--- Input for this task Enclosed Below ---

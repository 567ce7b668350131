-- ===== src/Indexer/Scan/Loop.antt =====
-- `scan_loop` of src/agent/indexer.cpp over several rounds.
use drlog_search.Base.{ℕ, some, true, false, Bool, Option, List, [], ◌∷◌, ◌++◌, Bytes, ◌≡◌}
use drlog_search.Json.{Json}
use drlog_search.Table.{lookup, Sorted}
use drlog_search.Indexer.Info.{RootPath}
use drlog_search.Indexer.Files.{Files, update_file_index, remove_unused_indexes}
use drlog_search.Indexer.Files.Current.{remove_loop-Sorted}
use drlog_search.Indexer.Scan.{Outside, cached, index_files, scan_roots, scan_round, scan_loop}
use drlog_search.Indexer.Scan.Current.{Stat, Snapshots, FoundIn}
use drlog_search.Indexer.Scan.Round.{
  update-Sorted, scan_roots-Sorted, Handles, Indexed, scan_round-Indexed,
}

cached-Sorted :
    (json : Json) (regex_match : Bytes → Bytes → Option Bool) (order : Files → Files) (count : ℕ)
    (r : Bool × Files)
    → Sorted r.1
    → Sorted (cached json regex_match order count r).1
unfolding cached
cached-Sorted json regex_match order count (true, files) s = s
cached-Sorted json regex_match order count (false, files) s = s

module _ (json : Json) (regex_match : Bytes → Bytes → Option Bool) (order : Files → Files) where
  scan_round-Sorted :
      (outside : Outside) (roots : List RootPath) (files : Files)
      → Sorted files
      → Sorted (scan_round json regex_match order outside roots files).0
  unfolding scan_round index_files remove_unused_indexes
  scan_round-Sorted outside roots files s =
      let scanned_table = scan_roots regex_match outside.directory roots files in
      let updated = update_file_index outside.now outside.handler scanned_table in
      cached-Sorted json regex_match order updated.0
        (remove_unused_indexes order outside.exists updated.1)
        (remove_loop-Sorted outside.exists (order updated.1) updated.1 (
          update-Sorted outside.now outside.handler scanned_table
            (scan_roots-Sorted regex_match outside.directory roots files s)))

  -- After however many rounds on a table with one entry for each path, where in the last round the
  -- directories are a snapshot of what the file system says: the table has one entry for each path,
  -- and each file that some root's scan does not skip, that still exists and that its handler reads
  -- with no exception is in it, with the inode, the size and the time of change that the file
  -- system says, and with an index whose tag is the file's.
  pub scan_loop-Indexed :
      (rounds : List Outside) (last : Outside) (roots : List RootPath) (files : Files)
      (stat : Bytes → Stat) (path : Bytes)
      → Sorted files
      → Snapshots regex_match stat last.directory roots
      → FoundIn regex_match stat last.directory roots path
      → last.exists path ≡ some true
      → Handles last path
      → Sorted (scan_loop json regex_match order (rounds ++ last ∷ []) roots files)
        × Indexed
            (stat path)
            (lookup path (scan_loop json regex_match order (rounds ++ last ∷ []) roots files))
  unfolding scan_loop
  scan_loop-Indexed [] last roots files stat path s h f e handles = (
    scan_round-Sorted last roots files s,
    scan_round-Indexed json regex_match order last roots files stat path h f e handles,
  )
  scan_loop-Indexed (outside ∷ rounds) last roots files stat path s h f e handles =
      scan_loop-Indexed rounds last roots (scan_round json regex_match order outside roots files).0
        stat path (scan_round-Sorted outside roots files s) h f e handles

--- End of Enclosed Input for this task ---

→ **The task**
Could you return exactly the lines above from the line with "cached-Sorted json regex_match order count (false, files)" to the line with "-- After however", both included, and nothing else?

→ **Task solution**
cached-Sorted json regex_match order count (false, files) s = s

module _ (json : Json) (regex_match : Bytes → Bytes → Option Bool) (order : Files → Files) where
  scan_round-Sorted :
      (outside : Outside) (roots : List RootPath) (files : Files)
      → Sorted files
      → Sorted (scan_round json regex_match order outside roots files).0
  unfolding scan_round index_files remove_unused_indexes
  scan_round-Sorted outside roots files s =
      let scanned_table = scan_roots regex_match outside.directory roots files in
      let updated = update_file_index outside.now outside.handler scanned_table in
      cached-Sorted json regex_match order updated.0
        (remove_unused_indexes order outside.exists updated.1)
        (remove_loop-Sorted outside.exists (order updated.1) updated.1 (
          update-Sorted outside.now outside.handler scanned_table
            (scan_roots-Sorted regex_match outside.directory roots files s)))

  -- After however many rounds on a table with one entry for each path, where in the last round the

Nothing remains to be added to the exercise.